Constantly sketching and planning more ambitious earthworks that could be permanently installed in a landscape, Smithson traveled widely to scout possible sites, often with his wife Nancy Holt, also an important Land Artist. Visiting Utah, he found the site for Spiral Jetty when he came across a stretch of the Great Salt Lake where the water was colored dark pink (as a result of algae) and was drawn to the otherworldly, Martian color. Smithson hired two dump trucks to lay 6,650 tons of black basalt and earth into the water, creating a raised bank that stretched into the lake in a coiled shape inspired by the Great Serpent Mount, a Pre-Columbian indian monument in Ohio. While the 1970 piece was meant to be concealed and revealed as the water level rose and fell, an abundance of water kept it almost entirely submerged until a drought reduced the lake in 1999. The masterpiece, now overseen by the Dia Art Foundation, is visible today, though at the mercy of erosion and potential oil drilling nearby.

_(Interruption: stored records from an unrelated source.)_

-- ===== src/Prelude/Maps.antt =====
-- `HashMap` as an association list. Keys are compared through an instance.
use Prim.Native.Nat.{ℕ}
use Prim.Native.String.{String}
use mathlib.Core.Path.{◌≡◌, refl, ◌∙◌}
use mathlib.Core.Logic.{◌↔◌, inl, inr}
use mathlib.Core.Bool.{Bool, true, ◌&&◌}
use mathlib.Core.Option
use mathlib.Core.Option.{Option, none, some}
use mathlib.Core.List.{List, [], ◌∷◌}
use native.Mathlib.Omega.{arith}
use text.Mathlib.Text.{◌==◌ as str_eq}
use text.Mathlib.TextEquality.{eq_iff}
use chenni_x_api.Prelude.Tests.{◌==◌, ==_iff, if◌then◌else◌, Bool-cases}

pub record Eq {ℓ} (A : Type ℓ) : Type ℓ where
  pub beq : A → A → Bool
  pub beq_iff : (a b : A) → (beq a b ≡ true) ↔ (a ≡ b)

instance abbrev pub nat_eq : Eq ℕ
nat_eq = record { beq = λ a b. a == b; beq_iff = ==_iff }

instance abbrev pub string_eq : Eq String
string_eq = record { beq = str_eq; beq_iff = eq_iff }

-- The keys `(i64, String)` of the caches.
abbrev pub pair_beq : ℕ × String → ℕ × String → Bool
pair_beq (a, s) (b, t) = a == b && str_eq s t

pub pair_beq_iff : (p q : ℕ × String) → (pair_beq p q ≡ true) ↔ (p ≡ q)
pair_beq_iff (a, s) (b, t) = (λ h. ground (arith, eq_iff s t), λ h. ground (arith, eq_iff s t))

instance abbrev pub pair_eq : Eq (ℕ × String)
pair_eq = record { beq = pair_beq; beq_iff = pair_beq_iff }

-- The keys `(i64, i64, String)` of the price table.
abbrev pub triple_beq : ℕ × ℕ × String → ℕ × ℕ × String → Bool
triple_beq (a, b, s) (c, d, t) = a == c && (b == d && str_eq s t)

pub triple_beq_iff : (p q : ℕ × ℕ × String) → (triple_beq p q ≡ true) ↔ (p ≡ q)
triple_beq_iff (a, b, s) (c, d, t) =
    (λ h. ground (arith, eq_iff s t), λ h. ground (arith, eq_iff s t))

instance abbrev pub triple_eq : Eq (ℕ × ℕ × String)
triple_eq = record { beq = triple_beq; beq_iff = triple_beq_iff }

abbrev pub Map {ℓ κ} : Type ℓ → Type κ → Type (ℓ ⊔ κ)
Map K V = List (K × V)

pub beq_refl {ℓ} : {K : Type ℓ} ⦃e : Eq K⦄ (k : K) → e.beq k k ≡ true
beq_refl ⦃e⦄ k = (e.beq_iff k k).1 refl

abbrev pub keep_some {ℓ} : {V : Type ℓ} → (V → Bool) → Option V → Option V
keep_some p none = none
keep_some p (some v) = if p v then some v else none

module _ {ℓ κ} {K : Type ℓ} {V : Type κ} ⦃e : Eq K⦄ where
  unfoldable pub get : K → Map K V → Option V
  get k [] = none
  get k ((j, v) ∷ m) = if e.beq j k then some v else get k m

  unfoldable pub insert : K → V → Map K V → Map K V
  insert k v [] = (k, v) ∷ []
  insert k v ((j, w) ∷ m) = if e.beq j k then (k, v) ∷ m else (j, w) ∷ insert k v m

  unfoldable pub remove : K → Map K V → Map K V
  remove k [] = []
  remove k ((j, v) ∷ m) = if e.beq j k then remove k m else (j, v) ∷ remove k m

  -- `values_mut`: every value is rewritten in place.
  unfoldable pub map_values : (V → V) → Map K V → Map K V
  map_values f [] = []
  map_values f ((j, v) ∷ m) = (j, f v) ∷ map_values f m

  unfoldable pub retain : (V → Bool) → Map K V → Map K V
  retain p [] = []
  retain p ((j, v) ∷ m) = if p v then (j, v) ∷ retain p m else retain p m

  -- No key is listed twice.
  abbrev pub Distinct : Map K V → Type κ
  Distinct [] = Unit
  Distinct ((k, v) ∷ m) = (get k m ≡ none) × Distinct m

  pub get-insert :
      (j k : K) (v : V) (m : Map K V)
      → get j (insert k v m) ≡ (if e.beq k j then some v else get j m)
  unfolding get insert
  get-insert j k v [] = refl
  get-insert j k v ((i, w) ∷ m) =
      ground (arith, e.beq_iff k j, e.beq_iff i k, e.beq_iff i j, get-insert j k v m)

  pub get-insert_self : (k : K) (v : V) (m : Map K V) → get k (insert k v m) ≡ some v
  get-insert_self k v m = rw (get-insert k k v m, beq_refl k)

  pub get-remove :
      (j k : K) (m : Map K V) → get j (remove k m) ≡ (if e.beq k j then none else get j m)
  unfolding get remove
  get-remove j k [] = ground arith
  get-remove j k ((i, w) ∷ m) =
      ground (arith, e.beq_iff k j, e.beq_iff i k, e.beq_iff i j, get-remove j k m)

  pub get-map_values :
      (k : K) (f : V → V) (m : Map K V) → get k (map_values f m) ≡ Option.map f (get k m)
  unfolding get map_values
  get-map_values k f [] = refl
  get-map_values k f ((j, v) ∷ m) = elim (Bool-cases (e.beq j k)) [
    | inl h ↦ rw h
    | inr h ↦ rw h (get-map_values k f m)
  ]

  pub get-retain-none :
      (k : K) (p : V → Bool) (m : Map K V) → get k m ≡ none → get k (retain p m) ≡ none
  unfolding get retain
  get-retain-none k p [] h = refl
  get-retain-none k p ((j, v) ∷ m) h = ground (arith, get-retain-none k p m)

  pub get-retain :
      (k : K) (p : V → Bool) (m : Map K V) → Distinct m → get k (retain p m) ≡ keep_some p (get k m)
  unfolding get retain
  get-retain k p [] d = refl
  get-retain k p ((j, v) ∷ m) d =
      ground (arith, e.beq_iff j k, get-retain k p m d.1, get-retain-none j p m d.0)

  pub insert-Distinct : (k : K) (v : V) (m : Map K V) → Distinct m → Distinct (insert k v m)
  unfolding get insert
  insert-Distinct k v [] d = (refl, tt)
  insert-Distinct k v ((j, w) ∷ m) d =
      ground (arith, e.beq_iff j k, e.beq_iff k j, insert-Distinct k v m d.1, get-insert j k v m)

  pub retain-Distinct : (p : V → Bool) (m : Map K V) → Distinct m → Distinct (retain p m)
  unfolding retain
  retain-Distinct p [] d = tt
  retain-Distinct p ((j, v) ∷ m) d =
      ground (arith, retain-Distinct p m d.1, get-retain-none j p m d.0)

  pub map_values-Distinct : (f : V → V) (m : Map K V) → Distinct m → Distinct (map_values f m)
  unfolding map_values
  map_values-Distinct f [] d = tt
  map_values-Distinct f ((j, v) ∷ m) d =
      (get-map_values j f m ∙ rw d.0, map_values-Distinct f m d.1)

After completing other permanent works, including Parially Buried Woodshed (1970) at Kent State University and Broken Circle (1971) in Emmend, Holland, Smithson was flying in a small aircraft in 1973 to survey the site for Amarillo Ramp in Texas when the plane crashed, killing him at age 35. An appreciation in Artforum mourned that "Smithson died in the midst of a meditation on nature and art as original as any since Cezanne." Since then several of Smithson's works were executed posthumously under the supervision of Holt, who runs his estate--Amarillo Ramp was completed in 1973, and in 2005, as part of a retrospective at the Whitney, his plan to have a floating island towed around Manhattan by a tugboat was realized.